### [GIVEN ENTRIES]
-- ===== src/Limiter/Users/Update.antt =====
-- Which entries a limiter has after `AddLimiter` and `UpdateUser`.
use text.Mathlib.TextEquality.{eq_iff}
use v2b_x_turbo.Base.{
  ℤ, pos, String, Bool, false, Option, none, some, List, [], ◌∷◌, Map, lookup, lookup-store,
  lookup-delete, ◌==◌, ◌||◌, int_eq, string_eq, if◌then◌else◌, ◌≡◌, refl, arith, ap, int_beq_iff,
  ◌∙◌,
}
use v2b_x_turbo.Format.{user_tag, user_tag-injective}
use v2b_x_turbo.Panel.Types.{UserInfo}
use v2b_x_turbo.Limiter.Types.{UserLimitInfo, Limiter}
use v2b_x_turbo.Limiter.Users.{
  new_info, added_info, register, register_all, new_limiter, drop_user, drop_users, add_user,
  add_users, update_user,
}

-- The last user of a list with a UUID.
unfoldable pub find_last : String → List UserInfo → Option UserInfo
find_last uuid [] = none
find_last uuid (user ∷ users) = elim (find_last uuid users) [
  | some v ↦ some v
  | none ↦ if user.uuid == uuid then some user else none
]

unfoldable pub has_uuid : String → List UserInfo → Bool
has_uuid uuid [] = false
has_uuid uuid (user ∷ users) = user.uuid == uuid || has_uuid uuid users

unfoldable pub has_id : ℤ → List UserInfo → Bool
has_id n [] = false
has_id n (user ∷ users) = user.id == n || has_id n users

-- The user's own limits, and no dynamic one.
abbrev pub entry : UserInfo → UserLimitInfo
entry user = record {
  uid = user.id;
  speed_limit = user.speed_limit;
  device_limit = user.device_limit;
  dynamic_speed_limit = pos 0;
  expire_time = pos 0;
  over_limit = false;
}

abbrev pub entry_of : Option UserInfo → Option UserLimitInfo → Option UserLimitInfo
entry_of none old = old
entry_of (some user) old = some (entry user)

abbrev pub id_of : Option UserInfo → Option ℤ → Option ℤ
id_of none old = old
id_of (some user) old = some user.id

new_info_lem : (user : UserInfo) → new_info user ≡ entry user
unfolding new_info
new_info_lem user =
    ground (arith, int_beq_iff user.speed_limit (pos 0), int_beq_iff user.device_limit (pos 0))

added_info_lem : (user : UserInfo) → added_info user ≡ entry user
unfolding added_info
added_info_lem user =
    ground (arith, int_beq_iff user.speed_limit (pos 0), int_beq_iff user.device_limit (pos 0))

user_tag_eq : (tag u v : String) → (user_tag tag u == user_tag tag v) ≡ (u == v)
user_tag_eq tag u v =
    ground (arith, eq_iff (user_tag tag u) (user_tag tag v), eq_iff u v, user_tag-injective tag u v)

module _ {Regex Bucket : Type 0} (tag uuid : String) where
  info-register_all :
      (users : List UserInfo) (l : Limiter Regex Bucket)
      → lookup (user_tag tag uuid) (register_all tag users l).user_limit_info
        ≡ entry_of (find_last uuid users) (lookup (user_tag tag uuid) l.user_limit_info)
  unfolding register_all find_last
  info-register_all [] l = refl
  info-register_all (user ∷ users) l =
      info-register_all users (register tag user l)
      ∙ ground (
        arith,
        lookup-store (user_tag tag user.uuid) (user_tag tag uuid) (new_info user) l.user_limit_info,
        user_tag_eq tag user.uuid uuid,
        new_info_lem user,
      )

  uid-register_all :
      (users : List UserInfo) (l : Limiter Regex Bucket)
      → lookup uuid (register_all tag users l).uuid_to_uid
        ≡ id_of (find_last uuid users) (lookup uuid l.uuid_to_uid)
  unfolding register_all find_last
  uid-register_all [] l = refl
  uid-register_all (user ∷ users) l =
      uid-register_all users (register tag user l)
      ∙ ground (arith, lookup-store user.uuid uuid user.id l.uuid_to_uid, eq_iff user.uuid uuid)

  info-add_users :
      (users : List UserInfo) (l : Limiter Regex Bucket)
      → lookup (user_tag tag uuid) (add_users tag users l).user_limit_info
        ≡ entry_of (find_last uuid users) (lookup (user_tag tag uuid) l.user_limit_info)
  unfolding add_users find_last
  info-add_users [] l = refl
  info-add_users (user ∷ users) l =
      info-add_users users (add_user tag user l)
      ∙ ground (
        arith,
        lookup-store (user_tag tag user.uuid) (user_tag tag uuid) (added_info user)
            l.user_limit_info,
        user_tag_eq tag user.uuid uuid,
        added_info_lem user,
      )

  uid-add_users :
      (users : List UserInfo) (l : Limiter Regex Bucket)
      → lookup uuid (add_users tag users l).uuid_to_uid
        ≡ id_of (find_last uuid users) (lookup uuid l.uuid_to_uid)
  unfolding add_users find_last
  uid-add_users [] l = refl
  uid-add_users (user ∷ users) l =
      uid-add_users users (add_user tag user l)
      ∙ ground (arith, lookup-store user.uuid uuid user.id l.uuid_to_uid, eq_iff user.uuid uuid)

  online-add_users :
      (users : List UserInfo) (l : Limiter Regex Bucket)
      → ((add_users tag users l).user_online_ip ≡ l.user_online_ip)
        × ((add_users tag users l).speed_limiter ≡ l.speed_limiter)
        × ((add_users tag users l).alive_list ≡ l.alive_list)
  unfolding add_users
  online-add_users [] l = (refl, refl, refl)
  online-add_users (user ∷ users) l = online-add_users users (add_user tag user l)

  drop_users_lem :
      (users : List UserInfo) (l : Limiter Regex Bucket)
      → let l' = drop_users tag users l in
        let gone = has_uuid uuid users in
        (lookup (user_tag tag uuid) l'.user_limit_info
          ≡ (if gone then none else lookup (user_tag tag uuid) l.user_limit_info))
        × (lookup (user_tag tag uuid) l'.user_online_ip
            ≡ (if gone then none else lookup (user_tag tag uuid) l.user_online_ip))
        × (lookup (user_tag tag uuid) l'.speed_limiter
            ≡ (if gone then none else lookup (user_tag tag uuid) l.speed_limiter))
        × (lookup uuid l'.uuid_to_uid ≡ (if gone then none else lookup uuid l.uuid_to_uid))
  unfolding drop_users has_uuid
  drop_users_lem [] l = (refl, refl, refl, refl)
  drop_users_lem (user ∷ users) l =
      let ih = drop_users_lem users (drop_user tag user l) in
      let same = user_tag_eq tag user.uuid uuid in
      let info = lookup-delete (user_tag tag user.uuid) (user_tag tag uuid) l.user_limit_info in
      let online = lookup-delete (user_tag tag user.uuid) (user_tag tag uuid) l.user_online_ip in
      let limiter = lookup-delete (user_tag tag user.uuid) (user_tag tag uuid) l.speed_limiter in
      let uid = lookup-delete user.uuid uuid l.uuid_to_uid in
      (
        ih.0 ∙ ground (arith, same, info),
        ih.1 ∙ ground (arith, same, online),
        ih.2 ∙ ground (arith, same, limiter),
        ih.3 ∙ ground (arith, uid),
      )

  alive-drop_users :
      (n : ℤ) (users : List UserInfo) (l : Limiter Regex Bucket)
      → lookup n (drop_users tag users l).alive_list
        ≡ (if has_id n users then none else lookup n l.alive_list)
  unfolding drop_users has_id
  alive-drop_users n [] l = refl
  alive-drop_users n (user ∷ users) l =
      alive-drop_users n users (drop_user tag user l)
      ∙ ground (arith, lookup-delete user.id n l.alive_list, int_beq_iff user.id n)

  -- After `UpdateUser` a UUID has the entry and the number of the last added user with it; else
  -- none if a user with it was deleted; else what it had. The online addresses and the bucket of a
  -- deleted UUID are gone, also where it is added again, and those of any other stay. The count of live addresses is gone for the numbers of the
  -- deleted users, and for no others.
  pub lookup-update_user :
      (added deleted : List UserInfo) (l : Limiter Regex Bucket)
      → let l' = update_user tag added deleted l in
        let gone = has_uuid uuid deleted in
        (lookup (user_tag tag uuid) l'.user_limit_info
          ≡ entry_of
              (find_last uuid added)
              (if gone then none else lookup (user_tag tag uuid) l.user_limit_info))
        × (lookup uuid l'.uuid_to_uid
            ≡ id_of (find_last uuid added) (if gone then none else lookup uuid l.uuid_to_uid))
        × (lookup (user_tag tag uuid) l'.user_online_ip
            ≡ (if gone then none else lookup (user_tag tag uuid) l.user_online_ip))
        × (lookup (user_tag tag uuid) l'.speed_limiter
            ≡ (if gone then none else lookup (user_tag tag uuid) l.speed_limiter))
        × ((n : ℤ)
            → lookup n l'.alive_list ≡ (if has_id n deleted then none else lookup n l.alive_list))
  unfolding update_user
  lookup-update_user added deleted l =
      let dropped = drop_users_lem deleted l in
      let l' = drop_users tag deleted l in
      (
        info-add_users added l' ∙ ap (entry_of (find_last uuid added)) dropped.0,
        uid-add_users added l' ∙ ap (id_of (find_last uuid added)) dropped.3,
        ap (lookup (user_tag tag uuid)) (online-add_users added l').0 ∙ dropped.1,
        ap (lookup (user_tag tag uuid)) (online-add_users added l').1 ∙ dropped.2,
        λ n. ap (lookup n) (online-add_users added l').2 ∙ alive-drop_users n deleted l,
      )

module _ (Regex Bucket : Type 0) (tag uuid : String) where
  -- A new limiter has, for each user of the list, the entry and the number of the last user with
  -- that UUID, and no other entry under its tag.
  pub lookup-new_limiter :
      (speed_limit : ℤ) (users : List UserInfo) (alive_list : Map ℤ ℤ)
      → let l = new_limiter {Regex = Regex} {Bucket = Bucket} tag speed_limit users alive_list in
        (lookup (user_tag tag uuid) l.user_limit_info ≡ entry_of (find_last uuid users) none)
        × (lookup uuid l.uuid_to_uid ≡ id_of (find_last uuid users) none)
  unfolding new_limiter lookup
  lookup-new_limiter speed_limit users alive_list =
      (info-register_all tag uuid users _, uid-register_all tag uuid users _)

---

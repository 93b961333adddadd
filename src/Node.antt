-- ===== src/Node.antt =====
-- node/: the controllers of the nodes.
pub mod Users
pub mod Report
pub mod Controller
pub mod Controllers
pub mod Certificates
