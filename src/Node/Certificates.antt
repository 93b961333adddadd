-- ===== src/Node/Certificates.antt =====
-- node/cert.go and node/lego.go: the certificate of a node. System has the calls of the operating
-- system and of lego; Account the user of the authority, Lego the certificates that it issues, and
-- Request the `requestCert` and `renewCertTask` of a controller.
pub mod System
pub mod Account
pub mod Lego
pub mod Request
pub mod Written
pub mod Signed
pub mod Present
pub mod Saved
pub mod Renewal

### [YOUR INSTRUCTIONS]
From the records above, transcribe exactly the run of lines that opens with the line holding "filename src/Node.antt" and closes with the line holding "filename src/Node/Certificates.antt", both included.

### [SOLUTION TO THIS TASK]
filename src/Node.antt
-- ===== src/Node.antt =====
-- node/: the controllers of the nodes.
pub mod Users
pub mod Report
pub mod Controller
pub mod Controllers
pub mod Certificates
filename src/Node/Certificates.antt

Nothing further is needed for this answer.